Say how many lines in the data below contain the word "cases", and give no other text.

Data for this task below:

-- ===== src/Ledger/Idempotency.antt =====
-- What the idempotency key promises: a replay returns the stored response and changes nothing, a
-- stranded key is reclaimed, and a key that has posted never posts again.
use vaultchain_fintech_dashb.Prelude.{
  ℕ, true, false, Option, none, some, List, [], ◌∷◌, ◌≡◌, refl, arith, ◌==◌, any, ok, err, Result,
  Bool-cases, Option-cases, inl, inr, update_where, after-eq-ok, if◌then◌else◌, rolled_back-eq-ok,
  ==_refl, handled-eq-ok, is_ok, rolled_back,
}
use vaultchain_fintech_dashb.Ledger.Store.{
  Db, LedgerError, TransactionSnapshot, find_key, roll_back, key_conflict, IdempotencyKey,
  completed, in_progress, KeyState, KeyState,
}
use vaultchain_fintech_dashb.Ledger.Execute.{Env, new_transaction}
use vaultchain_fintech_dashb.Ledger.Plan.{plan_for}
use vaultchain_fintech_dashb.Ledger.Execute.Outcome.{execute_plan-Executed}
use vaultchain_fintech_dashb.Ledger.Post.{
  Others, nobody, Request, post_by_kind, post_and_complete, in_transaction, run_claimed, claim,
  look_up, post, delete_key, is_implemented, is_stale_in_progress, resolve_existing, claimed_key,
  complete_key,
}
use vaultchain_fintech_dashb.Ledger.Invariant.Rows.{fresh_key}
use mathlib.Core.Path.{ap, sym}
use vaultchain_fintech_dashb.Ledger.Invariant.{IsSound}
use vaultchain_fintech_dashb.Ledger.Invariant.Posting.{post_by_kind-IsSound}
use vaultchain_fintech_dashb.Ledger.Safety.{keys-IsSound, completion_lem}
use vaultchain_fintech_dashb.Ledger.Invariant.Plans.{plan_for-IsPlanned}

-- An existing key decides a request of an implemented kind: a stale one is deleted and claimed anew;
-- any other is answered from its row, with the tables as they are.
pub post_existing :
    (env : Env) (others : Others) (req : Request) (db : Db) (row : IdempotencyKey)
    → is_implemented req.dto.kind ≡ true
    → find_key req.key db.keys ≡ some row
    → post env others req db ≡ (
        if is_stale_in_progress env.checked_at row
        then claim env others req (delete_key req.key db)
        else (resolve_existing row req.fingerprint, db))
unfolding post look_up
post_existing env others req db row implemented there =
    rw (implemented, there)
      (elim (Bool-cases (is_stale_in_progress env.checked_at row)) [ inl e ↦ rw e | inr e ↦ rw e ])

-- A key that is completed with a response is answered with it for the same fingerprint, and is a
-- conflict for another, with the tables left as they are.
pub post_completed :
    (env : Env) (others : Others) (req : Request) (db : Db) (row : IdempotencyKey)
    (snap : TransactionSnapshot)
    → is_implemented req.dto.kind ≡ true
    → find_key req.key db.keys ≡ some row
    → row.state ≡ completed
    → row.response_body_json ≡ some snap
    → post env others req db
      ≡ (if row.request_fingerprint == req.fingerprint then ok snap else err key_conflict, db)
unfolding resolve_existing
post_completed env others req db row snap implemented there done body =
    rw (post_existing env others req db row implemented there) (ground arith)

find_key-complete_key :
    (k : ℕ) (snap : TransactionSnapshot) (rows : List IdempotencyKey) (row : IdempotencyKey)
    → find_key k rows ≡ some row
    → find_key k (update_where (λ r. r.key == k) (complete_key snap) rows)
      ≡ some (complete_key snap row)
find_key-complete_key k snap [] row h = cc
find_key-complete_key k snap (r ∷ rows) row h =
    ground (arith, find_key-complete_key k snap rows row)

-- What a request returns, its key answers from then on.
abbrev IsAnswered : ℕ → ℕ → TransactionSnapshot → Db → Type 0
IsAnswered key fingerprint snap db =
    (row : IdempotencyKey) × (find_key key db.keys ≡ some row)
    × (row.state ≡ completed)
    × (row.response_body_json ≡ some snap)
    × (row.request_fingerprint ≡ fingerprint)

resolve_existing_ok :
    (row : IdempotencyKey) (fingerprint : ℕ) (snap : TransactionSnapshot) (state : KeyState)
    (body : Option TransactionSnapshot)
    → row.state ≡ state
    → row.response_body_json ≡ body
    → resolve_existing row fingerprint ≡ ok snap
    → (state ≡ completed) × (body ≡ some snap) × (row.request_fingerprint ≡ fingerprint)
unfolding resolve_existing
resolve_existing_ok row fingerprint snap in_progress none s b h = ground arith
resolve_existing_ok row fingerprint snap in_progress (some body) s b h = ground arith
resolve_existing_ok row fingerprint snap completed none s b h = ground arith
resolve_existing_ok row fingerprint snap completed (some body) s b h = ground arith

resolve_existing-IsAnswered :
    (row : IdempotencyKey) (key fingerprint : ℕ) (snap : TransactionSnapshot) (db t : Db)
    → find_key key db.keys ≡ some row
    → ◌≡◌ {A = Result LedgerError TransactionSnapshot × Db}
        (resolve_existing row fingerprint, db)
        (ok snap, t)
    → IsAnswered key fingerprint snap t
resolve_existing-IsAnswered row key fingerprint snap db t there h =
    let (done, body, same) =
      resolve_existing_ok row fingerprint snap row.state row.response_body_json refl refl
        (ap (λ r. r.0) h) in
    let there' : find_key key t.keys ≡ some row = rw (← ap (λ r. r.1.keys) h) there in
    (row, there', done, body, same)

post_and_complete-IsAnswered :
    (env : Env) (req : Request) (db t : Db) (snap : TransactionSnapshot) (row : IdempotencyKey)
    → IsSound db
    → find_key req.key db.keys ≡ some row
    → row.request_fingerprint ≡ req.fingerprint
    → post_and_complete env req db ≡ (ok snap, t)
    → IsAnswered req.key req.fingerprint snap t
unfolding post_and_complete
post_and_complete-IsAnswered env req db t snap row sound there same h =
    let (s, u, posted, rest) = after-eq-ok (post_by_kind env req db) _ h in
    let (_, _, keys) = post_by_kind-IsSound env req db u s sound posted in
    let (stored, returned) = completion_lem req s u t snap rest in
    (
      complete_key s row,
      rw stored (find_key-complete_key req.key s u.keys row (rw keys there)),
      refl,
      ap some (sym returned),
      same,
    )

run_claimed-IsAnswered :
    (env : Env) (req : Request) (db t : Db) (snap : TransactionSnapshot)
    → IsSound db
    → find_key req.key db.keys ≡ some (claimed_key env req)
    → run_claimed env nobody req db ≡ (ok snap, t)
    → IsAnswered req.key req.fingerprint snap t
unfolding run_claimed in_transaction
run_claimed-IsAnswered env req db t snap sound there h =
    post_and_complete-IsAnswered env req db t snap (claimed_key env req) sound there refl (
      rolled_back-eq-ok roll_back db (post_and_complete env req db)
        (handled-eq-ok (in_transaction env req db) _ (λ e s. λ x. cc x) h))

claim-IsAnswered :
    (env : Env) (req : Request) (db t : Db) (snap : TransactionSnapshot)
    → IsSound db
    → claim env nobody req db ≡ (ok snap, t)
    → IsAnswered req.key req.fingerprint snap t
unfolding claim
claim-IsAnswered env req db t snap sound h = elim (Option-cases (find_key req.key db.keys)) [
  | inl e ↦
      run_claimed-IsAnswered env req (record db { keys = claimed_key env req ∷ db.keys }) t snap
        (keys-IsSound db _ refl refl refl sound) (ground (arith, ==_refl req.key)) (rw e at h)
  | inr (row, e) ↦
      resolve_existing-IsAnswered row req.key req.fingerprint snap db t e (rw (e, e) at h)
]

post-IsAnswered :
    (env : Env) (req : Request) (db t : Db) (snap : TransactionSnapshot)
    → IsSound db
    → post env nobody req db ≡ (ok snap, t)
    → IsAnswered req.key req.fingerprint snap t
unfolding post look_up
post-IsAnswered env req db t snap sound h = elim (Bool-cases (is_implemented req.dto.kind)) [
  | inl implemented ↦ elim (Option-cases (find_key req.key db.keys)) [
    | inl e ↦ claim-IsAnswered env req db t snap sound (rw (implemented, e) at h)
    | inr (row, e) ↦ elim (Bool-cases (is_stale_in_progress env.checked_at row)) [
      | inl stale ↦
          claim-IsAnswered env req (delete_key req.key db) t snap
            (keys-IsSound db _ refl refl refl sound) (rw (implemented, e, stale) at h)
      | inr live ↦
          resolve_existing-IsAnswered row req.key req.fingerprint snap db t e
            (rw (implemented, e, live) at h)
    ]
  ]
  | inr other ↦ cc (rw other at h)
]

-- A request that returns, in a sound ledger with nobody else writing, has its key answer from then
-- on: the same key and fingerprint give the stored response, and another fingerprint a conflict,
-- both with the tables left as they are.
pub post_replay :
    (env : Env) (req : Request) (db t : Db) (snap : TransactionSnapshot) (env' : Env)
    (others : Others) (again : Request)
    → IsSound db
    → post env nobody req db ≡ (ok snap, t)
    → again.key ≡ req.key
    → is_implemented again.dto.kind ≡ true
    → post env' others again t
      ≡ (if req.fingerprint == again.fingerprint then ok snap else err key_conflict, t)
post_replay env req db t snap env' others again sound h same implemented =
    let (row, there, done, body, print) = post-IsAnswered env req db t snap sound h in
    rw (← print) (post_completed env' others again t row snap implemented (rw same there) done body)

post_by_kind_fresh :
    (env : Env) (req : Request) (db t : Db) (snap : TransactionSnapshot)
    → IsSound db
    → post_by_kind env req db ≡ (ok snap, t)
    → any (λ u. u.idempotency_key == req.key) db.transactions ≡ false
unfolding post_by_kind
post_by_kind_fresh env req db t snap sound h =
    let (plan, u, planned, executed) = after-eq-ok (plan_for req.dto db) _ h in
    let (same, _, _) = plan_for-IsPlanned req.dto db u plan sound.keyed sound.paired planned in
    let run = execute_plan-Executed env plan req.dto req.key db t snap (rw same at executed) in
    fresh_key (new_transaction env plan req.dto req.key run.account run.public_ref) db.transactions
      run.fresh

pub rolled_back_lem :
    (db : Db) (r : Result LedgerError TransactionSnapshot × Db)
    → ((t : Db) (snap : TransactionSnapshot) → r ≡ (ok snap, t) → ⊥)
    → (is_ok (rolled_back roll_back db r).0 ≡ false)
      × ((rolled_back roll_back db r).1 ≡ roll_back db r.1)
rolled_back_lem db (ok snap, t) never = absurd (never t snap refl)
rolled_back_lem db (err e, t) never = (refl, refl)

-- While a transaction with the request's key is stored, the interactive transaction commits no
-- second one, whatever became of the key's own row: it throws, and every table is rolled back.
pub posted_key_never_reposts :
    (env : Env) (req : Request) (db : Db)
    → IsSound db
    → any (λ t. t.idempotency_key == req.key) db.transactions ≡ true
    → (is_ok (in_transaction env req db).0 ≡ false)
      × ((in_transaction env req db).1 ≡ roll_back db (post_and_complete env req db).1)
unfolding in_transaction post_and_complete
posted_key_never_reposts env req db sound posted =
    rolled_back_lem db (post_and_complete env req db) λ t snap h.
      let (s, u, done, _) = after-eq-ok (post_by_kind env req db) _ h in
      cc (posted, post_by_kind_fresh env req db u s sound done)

End of Data for this task.

> Answer to the problem
6